# Aquavista Panoramic 6 Foot Wall Aquarium



## solizaaron18 (Apr 23, 2013)

Hello all my fellow fish buddies! 

I had a quick question on this specific tank. It's a 6 foot 25 gallon hang on the wall aquarium. I have done my research on this neat tank! I'm interested in getting one for my living room only if it's a quality aquarium. Does anyone know anything or have their own that they can tell me about? I wasn't sure which thread this would go in either lol but I thought I try this one. I mean this is such a cool aquarium! It has a little automatic feeder, lighting, duel filtration system, heater and this is all controlled by a touch screen pad on the side!! Here are some pics if any of you have no seen this cool looking aquarium! I was also wondering what type of fish will be bale to go in here? I really would like put 3 to 4 1" Red Belly Piranha but then again I think maybe 3 or 4 red belly pacu or silver dollar fish. Something that will get along with a lot of other little fish. I mean it is a 6 foot aquarium.:-D


----------



## MoneyMitch (Aug 3, 2009)

neat looking tank for sure, I cant comment if its a good one or not but the stocklist you are wanting is will get way to big for a 25 gallon.


----------



## ERICVANCOUVER (Mar 11, 2013)

Wow!!!
Very nice, but my pleasure is to take care of my fish, not just look at them so it's not for me
How do you do water change?
It should be heavy, hope you got strong wall
6 foot and 25g, $1400
it should be narrow, how the side?

Eric


----------



## solizaaron18 (Apr 23, 2013)

To do water changes is from the top... that black frame comes off. They have that frame indifferent colors to match the room colors your tank is in but yeah the top comes off so you can do your water changes. It's mounted exactly like a flat screen t.v and with water its around 250 pounds. Here are the dimensions... 70.1, 23.6, 6 inches. It's narrow but the tank is just super cool!


----------



## djembekah (Feb 13, 2012)

Sadly you can't put much in there since its only 25 gallons. for that price why not get like a 250 gallon tank that you can put those fish into?
_Posted via Mobile Device_


----------



## JDM (Dec 9, 2012)

djembekah said:


> Sadly you can't put much in there since its only 25 gallons. for that price why not get like a 250 gallon tank that you can put those fish into?
> _Posted via Mobile Device_


Welcome to the forum!

It sounds gimmicky. That's not bad but 6"???? I'd go with something larger as well. If you can build it into the wall why not extend it out a bit into the room and create a 3 sided affair that also still goes back into he wall? Even a 6' x 12" would be twice the gallonage, allow more substrate surface, not tie you into a specific filtration and lighting system and avoid the centralized control system... The gimmicky stuff. Sort of the same reason I dislike buying a TV with built in components, one thing goes and the whole system is screwed as parts are unique.
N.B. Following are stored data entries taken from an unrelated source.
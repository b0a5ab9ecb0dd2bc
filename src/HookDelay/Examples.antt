-- ===== src/HookDelay/Examples.antt =====
-- An action of lib/utils/action-hook-delay.js that is started again.
use jambonz_feature_server.Prelude.{◌≤◌, ◌≡◌, refl, true, false, none, some, List, [], ◌∷◌}
use jambonz_feature_server.HookDelay.State.{Opts, Processor, init, create, say, blank}
use jambonz_feature_server.HookDelay.Timers.{start}
use jambonz_feature_server.HookDelay.Turns.{
  Op, timer, playback_start, playback_stop, stopping, run, count_started, allowed,
}
use jambonz_feature_server.HookDelay.Retries.{IsFresh, run_starts_few}

abbrev opts : Opts
opts = record {
  actions = some (say ∷ []);
  retries = some 2;
  no_response_timeout = 3;
  no_response_give_up_timeout = 20;
  give_up_actions = false;
  enable = some true;
  enabled = none;
}

abbrev idle : Processor
unfolding init
idle = (init opts (blank true)).0

idle_created : create opts true ≡ some idle
unfolding create init idle
idle_created = refl

abbrev slow : List Op
slow = timer true 0 ∷ playback_start ∷ playback_stop ∷ timer true 2 ∷ playback_stop ∷ stopping ∷ []

run_starts_few_example : count_started (run slow (start idle)).out ≤ allowed idle
unfolding IsFresh init idle
run_starts_few_example = run_starts_few slow idle (refl, refl, refl, refl)

-- While the first action is played.
abbrev playing : Processor
unfolding idle
playing = record idle { active = true; retry_count = 1; task_in_progress = some say; listeners = 1 }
Have a support built to look like the wall underneath the tank to make it look like a built in that comes out a bit.

Jeff.


----------



## Tazman (Jan 15, 2012)

I agree with the others have said here.

While the tank is nice looking, it is not very practical as a working aquarium. 6ft long and only 25g makes the tank extremely narrow width wise, this is not suitable for any of the fish you have mentioned.

For the price of the tank, agree that you can buy an enormous 6ft long at least 125g tank for that new and equipment to go with it.


----------



## FishyFishy89 (Jul 3, 2011)

I think the 6ft is coming from the entire length. I do not believe the tank itself is 6ft long. But including those fancy sides may make it 6ft long. If you have the space, take that same amount of money and get a larger tank.


----------



## pop (Aug 29, 2012)

Boy everybody on this thread appears to be a crowd of ‘luddites’ who throws a wrench into the works. Say something helpful to our member solizaaron18. 
pop


----------



## JDM (Dec 9, 2012)

pop said:


> Boy everybody on this thread appears to be a crowd of ‘luddites’ who throws a wrench into the works. Say something helpful to our member solizaaron18.
> pop


I think we did. 

I have a current case where my double convection self clean 30" wall oven with fancy touch control popped in a power bump. I am going to have a heck of a time getting a new controller board for it... replacement of the whole unit is not financially practical. 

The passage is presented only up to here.